# Let's see some trucks with character



## Snowaway (Sep 10, 2008)

So enough of these pretty trucks How about some pics of trucks with some character. Sorry I don’t have a pic to add.


----------



## Rangerman (Mar 27, 2006)

im with snowaway lets see something different but something that works not some peice of junk that is just for show or drawn up on paint.


----------



## tsmith (Sep 19, 2006)

Well she ain't a beauty, but not quite junk. The gadgetmobile is my 79 f-250 with a Meyer plow and pump, and a hodge podge of different lights and custom bumpers and push guard. She's got plenty of character but gets the job done.


----------



## chcav1218 (Jul 31, 2008)

Rest In Peace


----------



## Milwaukee (Dec 28, 2007)

chcav1218;721545 said:


> Rest In Peace


What happened to that truck?

This one i am plow with this. 
it prove me it tough truck than I thought. tons of dent, bent bumper, rusty, and lot stuff wear out. If I am look for next truck it will be same truck this one.


----------



## chcav1218 (Jul 31, 2008)

It was a great truck but fuel pump blew and it needed all new exhaust and a total break job, plus a head gasket, so it wasnt worth fixing


----------



## Snowaway (Sep 10, 2008)

Now I am starting to feel more at home.


----------



## shepoutside (Apr 6, 2004)

How's this.........


----------



## SKYNYRD (Jan 13, 2009)

shepoutside;721572 said:


> How's this.........


that's awesome!


----------



## got-h2o (Sep 26, 2008)

shepoutside;721572 said:


> How's this.........


Nice......


----------



## artic429 (Feb 20, 2008)

now thats riding in style!


----------



## toyman (Dec 4, 2007)

That's great tire chains too!!


----------



## starc (Nov 16, 2006)

Here's my 1982 F350 that's been pushing snow for the last 10 years or so and is still going strong today. Also, a 1990 F450 I picked up last fall that will be plowing soon as well.


----------



## Brant'sLawnCare (Jun 29, 2007)

Wish I had my dumb Dodge to post a pic of. It would fit right in here. But of course, it's in the shop again.


----------



## royallawn (Dec 1, 2005)

starc;721892 said:


> Here's my 1982 F350 that's been pushing snow for the last 10 years or so and is still going strong today. Also, a 1990 F450 I picked up last fall that will be plowing soon as well.


i had tha same camper. looks just like it.


----------



## jkiser96 (Sep 19, 2006)

I am trying to post a pic but it won't let me since I have already poste da pic in another thread


----------



## Snowaway (Sep 10, 2008)

shepoutside;721572 said:


> How's this.........


That great! do you use it or did you find the pic. Love the strobe.


----------



## SKYNYRD (Jan 13, 2009)

*gone but not forgotton*

my dad and his best friend shared this truck for years. it was a full ton 75 ford with the big blockussmileyflag


----------



## shepoutside (Apr 6, 2004)

Snowaway;722059 said:


> That great! do you use it or did you find the pic. Love the strobe.

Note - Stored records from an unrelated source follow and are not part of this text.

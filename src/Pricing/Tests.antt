-- ===== src/Pricing/Tests.antt =====
-- The theorems about the prices at concrete prices.
use daili_usage_keeper_north.Base.{ℕ, ◌≡◌, refl, none, some, [], ◌∷◌, Dict, lookup, ◌==◌, false}
use daili_usage_keeper_north.Usage.Stats.{ModelPrice}
use daili_usage_keeper_north.Store.{Failure, api_error}
use daili_usage_keeper_north.Pricing.{
  PricingState, update_price, delete_price, price_requests, set_model_prices, prices_sent,
  prices_failed,
}
use daili_usage_keeper_north.Pricing.Sync.{IsObject, set_model_prices_lem, is_unauthorized}

abbrev price : ℕ → ModelPrice ℕ
price n = record { prompt = n; completion = n; cache = 0 }

abbrev old_prices : Dict (ModelPrice ℕ)
old_prices = ("kept", price 1) ∷ ("changed", price 2) ∷ ("gone", price 3) ∷ []

abbrev new_prices : Dict (ModelPrice ℕ)
new_prices = ("kept", price 1) ∷ ("changed", price 4) ∷ ("added", price 5) ∷ []

requests_sent :
    price_requests ◌==◌ old_prices new_prices
    ≡ update_price "changed" (price 4) ∷ update_price "added" (price 5) ∷ delete_price "gone" ∷ []
unfolding price_requests
requests_sent = refl

new_prices-IsObject : IsObject new_prices
unfolding lookup
new_prices-IsObject = (refl, (refl, (refl, tt)))

abbrev state : PricingState ℕ
state = record {
  model_prices = old_prices;
  saved = old_prices;
  last_refreshed_at = some 1;
  auth_required = false;
  notification = none;
}

abbrev refused : Failure
refused = api_error 401 "no"

set_model_prices_example :
    let sent = (set_model_prices ◌==◌ new_prices state).0 in
    let failed = prices_failed "Failed" state.model_prices refused sent in
    (sent.model_prices ≡ new_prices)
    × (sent.saved ≡ new_prices)
    × ((prices_sent 9 sent).model_prices ≡ new_prices)
    × ((prices_sent 9 sent).last_refreshed_at ≡ some 9)
    × (failed.model_prices ≡ state.model_prices)
    × (failed.saved ≡ state.model_prices)
    × (failed.last_refreshed_at ≡ state.last_refreshed_at)
    × (state.auth_required ≡ false → failed.auth_required ≡ is_unauthorized refused)
set_model_prices_example = set_model_prices_lem ◌==◌ new_prices state "Failed" refused 9
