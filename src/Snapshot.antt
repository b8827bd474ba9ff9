-- ===== src/Snapshot.antt =====
-- web/src/lib/usage.ts: the events of a snapshot, and the snapshot of the events in a range. The fields
-- of a snapshot are numbers without NaN, as the server's JSON has them.
pub mod Range
pub mod Laws
pub mod Tally
pub mod Summary
pub mod Tables
pub mod Tests
use daili_usage_keeper_north.Base.{
  ℕ, ◌+◌, String, Bool, true, false, not, Option, none, some, List, [], ◌∷◌, ◌++◌, map, foldl, Dict,
  update, ℤ, pos, ◌+ℤ◌, ◌-ℤ◌, leb_ℤ, ltb_ℤ, max_ℤ, if◌then◌else◌, or_else, sort, filter, ◌&&◌,
}
use daili_usage_keeper_north.Host.{Host}
use daili_usage_keeper_north.Usage.{format_local_day_key, format_hour_bucket_key}
use daili_usage_keeper_north.Usage.Window.{
  TimeRange, all, hours_4, hours_8, hours_12, hours_24, today, days_7, custom,
}

pub record SnapshotTokens : Type 0 where
  pub input_tokens : ℤ
  pub output_tokens : ℤ
  pub reasoning_tokens : ℤ
  pub cached_tokens : ℤ
  pub total_tokens : ℤ

pub record SnapshotDetail : Type 0 where
  pub timestamp : String
  pub latency_ms : ℤ
  pub source : String
  pub auth_index : String
  pub failed : Bool
  pub tokens : SnapshotTokens

-- The four numbers that a snapshot, an API and a model have.
pub record Totals : Type 0 where
  pub total_requests : ℕ
  pub success_count : ℕ
  pub failure_count : ℕ
  pub total_tokens : ℤ

pub record ModelSnapshot : Type 0 where
  pub totals : Totals
  pub details : Option (List SnapshotDetail)

pub record ApiSnapshot : Type 0 where
  pub totals : Totals
  pub models : Dict ModelSnapshot

pub record UsageSnapshot : Type 0 where
  pub totals : Totals
  pub requests_by_day : Dict ℕ
  pub requests_by_hour : Dict ℕ
  pub tokens_by_day : Dict ℤ
  pub tokens_by_hour : Dict ℤ
  pub apis : Dict ApiSnapshot

-- A detail with the names of its API and its model.
pub record UsageEvent : Type 0 where
  pub detail : SnapshotDetail
  pub api_name : String
  pub model_name : String

abbrev pub tokens_of_event : UsageEvent → ℤ
tokens_of_event e = e.detail.tokens.total_tokens

unfoldable pub events_of_models : String → Dict ModelSnapshot → List UsageEvent
events_of_models api_name [] = []
events_of_models api_name ((model_name, model) ∷ models) =
    map (λ d. record { detail = d; api_name = api_name; model_name = model_name })
      (or_else model.details [])
    ++ events_of_models api_name models

unfoldable pub events_of_apis : Dict ApiSnapshot → List UsageEvent
unfolding events_of_models
events_of_apis [] = []
events_of_apis ((api_name, api) ∷ apis) =
    events_of_models api_name api.models ++ events_of_apis apis

-- `Date.parse(b) - Date.parse(a)` is NaN, which sorts as 0, or at most 0.
abbrev pub not_after : Option ℤ → Option ℤ → Bool
not_after none b = true
not_after (some a) none = true
not_after (some a) (some b) = leb_ℤ b a

abbrev pub no_totals : Totals
no_totals = record {
  total_requests = 0;
  success_count = 0;
  failure_count = 0;
  total_tokens = pos 0;
}

unfoldable pub count_event : UsageEvent → Totals → Totals
count_event e t = record {
  total_requests = t.total_requests + 1;
  success_count = if e.detail.failed then t.success_count else t.success_count + 1;
  failure_count = if e.detail.failed then t.failure_count + 1 else t.failure_count;
  total_tokens = t.total_tokens +ℤ tokens_of_event e;
}

abbrev pub no_model : ModelSnapshot
no_model = record { totals = no_totals; details = some [] }

unfoldable pub add_event_to_model : UsageEvent → Option ModelSnapshot → ModelSnapshot
unfolding count_event
add_event_to_model e given =
    let m = or_else given no_model in
    record {
      totals = count_event e m.totals;
      details = some (or_else m.details [] ++ e.detail ∷ []);
    }

abbrev pub no_api : ApiSnapshot
no_api = record { totals = no_totals; models = [] }

unfoldable pub add_event_to_api : UsageEvent → Option ApiSnapshot → ApiSnapshot
unfolding count_event add_event_to_model update
add_event_to_api e given =
    let a = or_else given no_api in
    record {
      totals = count_event e a.totals;
      models = update e.model_name (add_event_to_model e) a.models;
    }

abbrev pub no_snapshot : UsageSnapshot
no_snapshot = record {
  totals = no_totals;
  requests_by_day = [];
  requests_by_hour = [];
  tokens_by_day = [];
  tokens_by_hour = [];
  apis = [];
}

abbrev pub one_more : Option ℕ → ℕ
one_more o = or_else o 0 + 1

abbrev pub tokens_more : ℤ → Option ℤ → ℤ
tokens_more n o = or_else o (pos 0) +ℤ n

abbrev pub largest : ℤ → List ℤ → ℤ
largest t [] = t
largest t (u ∷ us) = largest (max_ℤ t u) us

-- `presetWindowMs[range] ?? 0`
abbrev pub preset_window_ms : TimeRange → ℕ
preset_window_ms hours_4 = 14_400_000
preset_window_ms hours_8 = 28_800_000
preset_window_ms hours_12 = 43_200_000
preset_window_ms hours_24 = 86_400_000
preset_window_ms days_7 = 604_800_000
preset_window_ms _ = 0

abbrev pub is_today : TimeRange → Bool
is_today today = true
is_today _ = false

abbrev pub is_whole : TimeRange → Bool
is_whole all = true
is_whole custom = true
is_whole _ = false

abbrev pub threshold_of : TimeRange → (midnight latest : ℤ) → ℤ
threshold_of range midnight latest =
    if is_today range then midnight else latest -ℤ pos (preset_window_ms range)

abbrev pub upper_threshold_of : TimeRange → ℤ → Option ℤ
upper_threshold_of range now = if is_today range then some now else none

module _ (h : Host) where
  abbrev pub time_of_event : UsageEvent → Option ℤ
  time_of_event e = h.parse_date e.detail.timestamp

  unfoldable pub collect_usage_events : UsageSnapshot → List UsageEvent
  unfolding events_of_apis sort
  collect_usage_events usage =
      sort (λ a b. not_after (time_of_event a) (time_of_event b)) (events_of_apis usage.apis)

  unfoldable pub finite_times : List UsageEvent → List ℤ
  finite_times [] = []
  finite_times (e ∷ es) =
      let rest = finite_times es in elim (time_of_event e) [ none ↦ rest | some t ↦ t ∷ rest ]

  -- `Math.max(…)` of the times that are finite; `none` is -Infinity.
  unfoldable pub latest_timestamp : List UsageEvent → Option ℤ
  unfolding finite_times
  latest_timestamp es = elim (finite_times es) [ [] ↦ none | t ∷ ts ↦ some (largest t ts) ]

  -- `timestampMs` is finite and not outside the thresholds.
  abbrev pub is_kept : ℤ → Option ℤ → UsageEvent → Bool
  is_kept threshold upper e = elim (time_of_event e) [
    | none ↦ false
    | some t ↦ not (ltb_ℤ t threshold) && elim upper [ none ↦ true | some u ↦ not (ltb_ℤ u t) ]
  ]

  -- The rest of the loop's body, for an event with a time.
  unfoldable pub add_event : ℤ → UsageEvent → UsageSnapshot → UsageSnapshot
  unfolding count_event add_event_to_api update format_local_day_key format_hour_bucket_key
  add_event time e s =
      let day = format_local_day_key h time in
      let hour = format_hour_bucket_key h time in
      record {
        totals = count_event e s.totals;
        requests_by_day = update day one_more s.requests_by_day;
        requests_by_hour = update hour one_more s.requests_by_hour;
        tokens_by_day = update day (tokens_more (tokens_of_event e)) s.tokens_by_day;
        tokens_by_hour = update hour (tokens_more (tokens_of_event e)) s.tokens_by_hour;
        apis = update e.api_name (add_event_to_api e) s.apis;
      }

  unfoldable pub filter_event : ℤ → Option ℤ → UsageSnapshot → UsageEvent → UsageSnapshot
  unfolding add_event
  filter_event threshold upper s e =
      if is_kept threshold upper e then add_event (or_else (time_of_event e) (pos 0)) e s else s

  -- `now` is `Date.now()` and `midnight` is `new Date(now).setHours(0, 0, 0, 0)`.
  unfoldable pub filter_from :
      TimeRange → (now midnight latest : ℤ) → List UsageEvent → UsageSnapshot
  unfolding filter_event
  filter_from range now midnight latest events =
      foldl (filter_event (threshold_of range midnight latest) (upper_threshold_of range now))
        no_snapshot events

  unfoldable pub filter_usage_snapshot :
      (now midnight : ℤ) → UsageSnapshot → TimeRange → UsageSnapshot
  unfolding collect_usage_events latest_timestamp filter_from
  filter_usage_snapshot now midnight usage range =
      if is_whole range
      then usage
      else let events = collect_usage_events usage in
        elim (latest_timestamp events) [
          | none ↦ usage
          | some latest ↦ filter_from range now midnight latest events
        ]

Just a pic I found, though it looked cool. Here are a few more...........


----------



## cocco78 (Dec 12, 2003)

From today, 1-19-09 just after plowing the parking lot after 10" of fluffy white snow. 1988 Jeep Comanche, 4.0L, auto, 4.5" lift, 32" race cut goodyear mt/r's, 250k miles, plenty of rust, original motor, trans, tcase, and axles. Although I did blow apart the rear diff last year 4 wheeling, I added about a pound of welding wire to the rear diff after that, no more problems and plenty of traction.


----------



## unimogr (Feb 18, 2004)

Here's a post from 2 years ago showing two trucks I used to run. They're different if nothing else.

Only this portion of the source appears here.